A common cold-sore virus that is a nuisance to most Americans was the culprit in the untimely death Monday of Phat Kat Tattoo owner Jeffery Rahenkamp.

A common cold-sore virus that is a nuisance to most Americans was the culprit in the untimely death Monday of Phat Kat Tattoo owner Jeffery Rahenkamp.

"Only one drug can be used to combat it," said Kathleen Rahenkamp, "Jeff" Rahenkamp's mother. "In his case, he did not respond to the antiviral medications."

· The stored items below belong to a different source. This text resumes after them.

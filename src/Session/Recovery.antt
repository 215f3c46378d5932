-- ===== src/Session/Recovery.antt =====
-- internal/session/session.go: a crash while a submission is being written.
use tatara_claude_code_wrapp.Common.{
  ℕ, ◌≡◌, ◌≢◌, ◌∙◌, true, false, none, some, String, Time, arith, eq_iff, ◌+++◌,
}
use tatara_claude_code_wrapp.Session.State.{Manager, booting, ready, dead}
use tatara_claude_code_wrapp.Session.Activity.{alive}
use tatara_claude_code_wrapp.Session.Submit.{refuse}
use tatara_claude_code_wrapp.Session.Slot.{fail_submit_write, fail_turn}
use tatara_claude_code_wrapp.Session.Recover.{exited}
use tatara_claude_code_wrapp.Session.Step.{Section, perform, adopt_or_stay}
use tatara_claude_code_wrapp.Turn.Records.{running}
use tatara_claude_code_wrapp.Turn.Laws.{status}
use tatara_claude_code_wrapp.Turn.Frame.{error-fail}

record Freed (m n : Manager) : Type 0 where
  state : n.state ≡ ready
  current : n.current ≡ ""
  proc : n.proc ≡ m.proc

fails_write-Freed :
    (m : Manager) (id stage werr : String) (now : Time)
    → m.current ≡ id
    → status id m.store ≡ some running
    → Freed m (fail_submit_write id stage werr now m)
unfolding fail_submit_write
fails_write-Freed m id stage werr now same runs =
    ground (arith, eq_iff m.current id, error-fail id m.store (stage +++ ": " +++ werr) now)

free_ready : (n : Manager) → n.state ≡ ready → n.current ≡ "" → refuse n ≡ none
unfolding refuse
free_ready n s c = ground (arith, eq_iff n.current "")

alive_ready : (n : Manager) → n.state ≡ ready → alive n ≡ true
unfolding alive
alive_ready n s = ground arith

record Booting (p : ℕ) (m n : Manager) : Type 0 where
  state : n.state ≡ booting
  proc : n.proc ≡ some p
  current : n.current ≡ m.current
  store : n.store ≡ m.store

crash-Booting :
    (m : Manager) (p : ℕ) → m.stopping ≡ false → Booting p m (adopt_or_stay p (exited m).0)
unfolding exited adopt_or_stay
crash-Booting m p going = ground arith

-- A claude that dies while a submission writes to it is relaunched as process `p`, and the write
-- then fails. From there on, before the boot of `p` has settled, the session reads as ready and
-- alive, and refuses no submission.
pub write_failure_opens_booting :
    (m : Manager) (p : ℕ) (stage werr : String) (now : Time)
    → m.stopping ≡ false
    → m.current ≢ ""
    → status m.current m.store ≡ some running
    → let booted = perform (Section.adopts p) (perform Section.exits m) in
      let n = perform (Section.fails_write m.current stage werr now) booted in
      (booted.state ≡ booting)
      × (n.proc ≡ some p)
      × (n.state ≡ ready)
      × (alive n ≡ true)
      × (refuse n ≡ none)
unfolding perform
write_failure_opens_booting m p stage werr now going held runs =
    let k = adopt_or_stay p (exited m).0 in
    let b = crash-Booting m p going in
    let f = fails_write-Freed k m.current stage werr now b.current (ground (arith, b.store)) in
    let n = fail_submit_write m.current stage werr now k in
    (b.state, f.proc ∙ b.proc, f.state, alive_ready n f.state, free_ready n f.state f.current)

record Dead (m n : Manager) : Type 0 where
  state : n.state ≡ dead
  current : n.current ≡ m.current
  store : n.store ≡ m.store

crash-Dead : (m : Manager) → m.stopping ≡ false → Dead m (exited m).0
unfolding exited
crash-Dead m going = ground arith

fail_turn_free :
    (n : Manager) (id reason : String) (now : Time)
    → n.current ≡ ""
    → id ≢ ""
    → fail_turn id reason now n ≡ n
unfolding fail_turn
fail_turn_free n id reason now free h = ground (arith, eq_iff n.current id)

-- If the restart budget is spent when claude dies, and the write of a submission fails before the
-- turn is failed for it, then failing it changes nothing: the session reads as ready and alive with
-- no process, and stays so.
pub write_failure_hides_death :
    (m : Manager) (stage werr reason : String) (now now' : Time)
    → m.stopping ≡ false
    → m.current ≢ ""
    → status m.current m.store ≡ some running
    → let crashed = perform Section.exits m in
      let n = perform (Section.fails_write m.current stage werr now) crashed in
      (crashed.state ≡ dead)
      × (perform (Section.fails m.current reason now') n ≡ n)
      × (n.state ≡ ready)
      × (alive n ≡ true)
unfolding perform
write_failure_hides_death m stage werr reason now now' going held runs =
    let c = crash-Dead m going in
    let k = (exited m).0 in
    let n = fail_submit_write m.current stage werr now k in
    let f = fails_write-Freed k m.current stage werr now c.current (ground (arith, c.store)) in
    (c.state, fail_turn_free n m.current reason now' f.current held, f.state, alive_ready n f.state)
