-- ===== src/Gateway.antt =====
-- internal/gitai/gateway: the events that an agent produces itself.
pub mod Cron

The 62-year-old mother of six children said complications from herpes simplex virus Type 1, which usually just causes annoying blisters around the mouth, infected her 38-year-old son's brain, causing encephalitis.

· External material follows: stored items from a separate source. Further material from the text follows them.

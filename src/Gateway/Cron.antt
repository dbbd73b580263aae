-- ===== src/Gateway/Cron.antt =====
-- internal/gitai/gateway/cron.go: when a cron job fires next. A time is a number of nanoseconds since
-- Go's zero time. What the calendar of the job's time zone says of a time is a parameter, since the time
-- zone is data of the system; the zero time that stands for no tick is `none`.
pub mod First
mod Tests
use ruriko.Prelude.{
  ℕ, zero, suc, ◌+◌, ◌*◌, ◌/◌, Bool, true, false, ◌&&◌, Option, none, some, List, [], ◌∷◌, ◌==◌,
  nat_eq, if◌then◌else◌, contains,
}

pub record Calendar : Type 0 where
  pub month : ℕ → ℕ
  pub day : ℕ → ℕ
  pub weekday : ℕ → ℕ
  pub hour : ℕ → ℕ
  pub minute : ℕ → ℕ

pub record CronSchedule : Type 0 where
  pub minute : List ℕ
  pub hour : List ℕ
  pub day_of_month : List ℕ
  pub month : List ℕ
  pub day_of_week : List ℕ

pub data Schedule : Type 0 where
  cron : CronSchedule → Schedule
  interval : ℕ → Schedule

abbrev pub one_minute : ℕ
one_minute = 60000000000

-- The minutes that the search covers.
abbrev pub horizon : ℕ
horizon = 366 * 24 * 60

unfoldable pub matches : Calendar → CronSchedule → ℕ → Bool
matches cal s t =
    contains s.month (cal.month t)
    && contains s.day_of_month (cal.day t)
    && contains s.day_of_week (cal.weekday t)
    && contains s.hour (cal.hour t)
    && contains s.minute (cal.minute t)

-- The loop, with the minutes that are left.
unfoldable pub search : Calendar → CronSchedule → ℕ → ℕ → Option ℕ
search cal s zero t = none
search cal s (suc left) t =
    let rest = search cal s left (t + one_minute) in if matches cal s t then some t else rest

-- The start of the next minute.
abbrev pub next_minute : ℕ → ℕ
next_minute now = (now + one_minute) / one_minute * one_minute

unfoldable pub next_tick : Calendar → CronSchedule → ℕ → Option ℕ
next_tick cal s now = search cal s horizon (next_minute now)

abbrev next_interval : ℕ → ℕ → Option ℕ
next_interval zero now = none
next_interval (suc every) now = some (now + suc every)

-- Next, of either kind of schedule.
unfoldable pub next : Calendar → Schedule → ℕ → Option ℕ
next cal (cron s) now = next_tick cal s now
next cal (interval every) now = next_interval every now
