-- ===== src/Gateway/Cron/First.antt =====
-- Next is the first match.
use mathlib.Core.Bool.{false≢true}
use ruriko.Prelude.{
  List, [], ◌∷◌, ◌↔◌, contains, nat_eq, sym, ℕ, zero, suc, ◌+◌, ◌*◌, ◌%◌, ◌≤◌, ◌<◌, true, false,
  Option, none, some, ◌≡◌, ap, ◌∙◌, arith, Bool-cases, inl, inr, ◌⊎◌,
}
use ruriko.Gateway.Cron.{
  Calendar, CronSchedule, cron, one_minute, horizon, matches, search, next_minute, next_tick, next,
}

same_or_later :
    (t u : ℕ) → t % one_minute ≡ 0 → t ≤ u → u % one_minute ≡ 0 → (u ≡ t) ⊎ (t + one_minute ≤ u)
same_or_later t u z l v = omega (arith, z, l, v)

next_is_start : (t : ℕ) → t % one_minute ≡ 0 → (t + one_minute) % one_minute ≡ 0
next_is_start t z = omega (arith, z)

no_start_between : (now u : ℕ) → suc now ≤ u → u % one_minute ≡ 0 → next_minute now ≤ u
no_start_between now u l v = omega (arith, l, v)

covered : (now u : ℕ) → u < now + horizon * one_minute → u < next_minute now + horizon * one_minute
covered now u k = omega (arith, k)

behind : (now r : ℕ) → next_minute now ≤ r → now < r
behind now r l = omega (arith, l)

starts : (now : ℕ) → next_minute now % one_minute ≡ 0
starts now = omega arith

-- The value is one of the list.
abbrev Has : List ℕ → ℕ → Type 0
Has [] v = ⊥
Has (x ∷ xs) v = (x ≡ v) ⊎ Has xs v

contains-Has : (xs : List ℕ) (v : ℕ) → (contains xs v ≡ true) ↔ Has xs v
contains-Has [] v = ground arith
contains-Has (x ∷ xs) v = ground (arith, contains-Has xs v)

-- What a cron expression says of a time, field by field.
abbrev pub Matches : Calendar → CronSchedule → ℕ → Type 0
Matches cal s t =
    Has s.month (cal.month t)
    × (Has s.day_of_month (cal.day t)
        × (Has s.day_of_week (cal.weekday t)
            × (Has s.hour (cal.hour t) × Has s.minute (cal.minute t))))

matches-Matches :
    (cal : Calendar) (s : CronSchedule) (t : ℕ) → (matches cal s t ≡ true) ↔ Matches cal s t
unfolding matches
matches-Matches cal s t = ground (
  arith,
  contains-Has s.month (cal.month t),
  contains-Has s.day_of_month (cal.day t),
  contains-Has s.day_of_week (cal.weekday t),
  contains-Has s.hour (cal.hour t),
  contains-Has s.minute (cal.minute t),
)

module _ (cal : Calendar) (s : CronSchedule) where
  -- No start of a minute from `a` on and before `b` passes the test.
  abbrev NoMatch : ℕ → ℕ → Type 0
  NoMatch a b = (u : ℕ) → a ≤ u → u < b → u % one_minute ≡ 0 → matches cal s u ≡ false

  -- What a search of `n` minutes from `t` on finds.
  abbrev IsFirst : ℕ → ℕ → Option ℕ → Type 0
  IsFirst n t none = NoMatch t (t + n * one_minute)
  IsFirst n t (some r) = (t ≤ r) × (r % one_minute ≡ 0) × (matches cal s r ≡ true) × NoMatch t r

  earlier :
      (t b : ℕ)
      → t % one_minute ≡ 0
      → matches cal s t ≡ false
      → NoMatch (t + one_minute) b
      → NoMatch t b
  earlier t b z m h u l k v = elim (same_or_later t u z l v) [
    | inl e ↦ ap (matches cal s) e ∙ m
    | inr g ↦ h u g k v
  ]

  IsFirst-later :
      (n t : ℕ) (o : Option ℕ)
      → t % one_minute ≡ 0
      → matches cal s t ≡ false
      → IsFirst n (t + one_minute) o
      → IsFirst (suc n) t o
  IsFirst-later n t none z m h = λ u l k v.
      earlier t (t + suc n * one_minute) z m (λ u l k v. h u l (omega (arith, k)) v) u l k v
  IsFirst-later n t (some r) z m (l, v, e, h) = (omega (arith, l), v, e, earlier t r z m h)

  search-IsFirst : (n t : ℕ) → t % one_minute ≡ 0 → IsFirst n t (search cal s n t)
  unfolding search
  search-IsFirst zero t z = λ u l k v. absurd (omega (arith, l, k))
  search-IsFirst (suc n) t z = elim (Bool-cases (matches cal s t)) [
    | inl m ↦ rw m (omega arith, z, m, λ u l k v. absurd (omega (arith, l, k)))
    | inr m ↦ rw m (IsFirst-later n t _ z m (search-IsFirst n (t + one_minute) (next_is_start t z)))
  ]

  -- No start of a minute from `a` on and before `b` matches.
  abbrev pub MatchesNot : ℕ → ℕ → Type 0
  MatchesNot a b = (u : ℕ) → a ≤ u → u < b → u % one_minute ≡ 0 → ¬ Matches cal s u

  -- What Next finds behind `now`.
  abbrev pub IsNext : ℕ → Option ℕ → Type 0
  IsNext now none = MatchesNot (suc now) (now + horizon * one_minute)
  IsNext now (some r) = (now < r) × (r % one_minute ≡ 0) × Matches cal s r × MatchesNot (suc now) r

  from_now : (now b : ℕ) → NoMatch (next_minute now) b → MatchesNot (suc now) b
  from_now now b h u l k v m =
      false≢true (sym (h u (no_start_between now u l v) k v) ∙ (matches-Matches cal s u).1 m)

  IsNext-first : (now : ℕ) (o : Option ℕ) → IsFirst horizon (next_minute now) o → IsNext now o
  IsNext-first now none h = λ u l k v. from_now now _ h u l (covered now u k) v
  IsNext-first now (some r) (l, v, e, h) =
      (behind now r l, v, (matches-Matches cal s r).0 e, from_now now r h)

  -- Next of a cron schedule is the first start of a minute after `now` that matches the schedule, in any
  -- calendar. If it finds none, no start of a minute in the 366 days behind `now` matches.
  pub next-IsNext : (now : ℕ) → IsNext now (next cal (cron s) now)
  unfolding next next_tick
  next-IsNext now = IsNext-first now _ (search-IsFirst horizon (next_minute now) (starts now))
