-- ===== src/Gateway/Cron/Tests.antt =====
-- Ticks in a calendar of days and hours.
use ruriko.Prelude.{◌+◌, ◌*◌, ◌/◌, ◌%◌, some, [], ◌∷◌, ◌≡◌, refl, nat_eq}
use ruriko.Gateway.Cron.{
  Calendar, CronSchedule, cron, one_minute, search, matches, next, next_minute,
}
use ruriko.Gateway.Cron.First.{IsNext, next-IsNext}

abbrev calendar : Calendar
calendar = record {
  month = λ t. 1;
  day = λ t. t / (1440 * one_minute) % 31 + 1;
  weekday = λ t. t / (1440 * one_minute) % 7;
  hour = λ t. t / (60 * one_minute) % 24;
  minute = λ t. t / one_minute % 60;
}

-- "2,4 0 1 1 0"
abbrev schedule : CronSchedule
schedule = record {
  minute = 2 ∷ 4 ∷ [];
  hour = 0 ∷ [];
  day_of_month = 1 ∷ [];
  month = 1 ∷ [];
  day_of_week = 0 ∷ [];
}

test_search : search calendar schedule 3 (next_minute (one_minute + 5)) ≡ some (2 * one_minute)
unfolding search matches
test_search = refl

next-IsNext_example :
    IsNext calendar schedule (one_minute + 5) (next calendar (cron schedule) (one_minute + 5))
next-IsNext_example = next-IsNext calendar schedule (one_minute + 5)
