-- ===== src/Gosuto.antt =====
-- common/spec/gosuto: the configuration of an agent.
pub mod Check
mod Tests
pub mod Types
pub mod Validate
pub mod Workflow
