-- ===== src/Gosuto/Check.antt =====
-- The checks of a configuration: the first problem that is found, or none.
pub mod Passes
use Prim.Native.Char.{code}
use Prim.Native.String.{String}
use ruriko.Prelude.{
  Bool, false, ◌||◌, Option, none, some, List, [], ◌∷◌, ◌==◌, string_eq, if◌then◌else◌, contains,
  nat_eq,
}
use ruriko.Prelude.Text.{is_empty, trim_space, or_else}

-- What the message of an error says, but for the names and places in it.
pub data Problem : Type 0 where
  wrong_api_version blank_name no_rooms wrong_room no_senders wrong_sender : Problem
  wrong_peer_mxid wrong_peer_room no_protocols blank_protocol duplicate_peer : Problem
  negative_limit blank_command duplicate_name type_and_command no_type_or_command : Problem
  no_expression no_target no_payload unknown_source no_hmac_secret unknown_gateway_type : Problem
  blank_trigger blank_action blank_role wrong_temperature : Problem
  blank_room wrong_target_room blank_alias alias_with_blanks duplicate_alias : Problem
  duplicate_schema wrong_schema blank_ref external_ref no_schemas ref_not_found : Problem
  unknown_step_type negative_retries negative_max_items ref_only_for_each no_prompt no_output_ref :
      Problem
  no_items_expr negative_iterations no_nested_steps no_collect_from wrong_collect_mode : Problem
  blank_protocol_id blank_trigger_type prefix_with_blanks no_prefix wrong_trigger_type : Problem

abbrev pub Check : Type 0
Check = Option Problem

abbrev pub fail_if : Bool → Problem → Check
fail_if b p = if b then some p else none

-- One check, and the next one if it finds nothing.
infixr 40 ◌also◌
unfoldable pub ◌also◌ : Check → Check → Check
a also b = or_else a b

abbrev pub is_blank : String → Bool
is_blank s = is_empty (trim_space s)

abbrev pub check_all {ℓ} : {A : Type ℓ} → (A → Check) → List A → Check
check_all f [] = none
check_all f (x ∷ xs) = f x also check_all f xs

-- The names that a loop has seen behind some entries, the last one first.
abbrev pub add_names {ℓ} : {A : Type ℓ} → (A → String) → List A → List String → List String
add_names name [] seen = seen
add_names name (x ∷ xs) seen = add_names name xs (name x ∷ seen)

-- A loop that checks each entry, and that its name is new.
abbrev pub check_named {ℓ} :
    {A : Type ℓ} → (A → Check) → (A → String) → Problem → List String → List A → Check
check_named f name p seen [] = none
check_named f name p seen (x ∷ xs) =
    f x also fail_if (contains seen (name x)) p also check_named f name p (name x ∷ seen) xs

-- strings.ContainsAny(s, " \t\n\r")
abbrev pub has_blank : String → Bool
has_blank String.[] = false
has_blank (String.◌∷◌ c s) =
    let n = code c in n == 32 || n == 9 || n == 10 || n == 13 || has_blank s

In the midst of her grief, Rahenkamp said she is trying to organize a public memorial for her son, who had many friends in the area. She said her son would probably prefer to throw a party.

Rahenkamp said she and other family members had gathered around her son's bed as he died on Monday afternoon.

"We were singing 'Amazing Grace' to him as he passed," she said. "This is not something we could have ever imagined in our wildest dreams."

Rahenkamp said she is normally a quiet, conservative person compared to her outgoing, colorful son.

"Jeff's message to this community is that you can rise above whatever you are in this life," she said, adding that she was amazed that more than 100 people showed up at the hospital to wish her son well.

"Many of them told me how Jeff had positively impacted their lives, even when they were at their lowest — people who just came by to say they love him and say how much he meant to them," she said.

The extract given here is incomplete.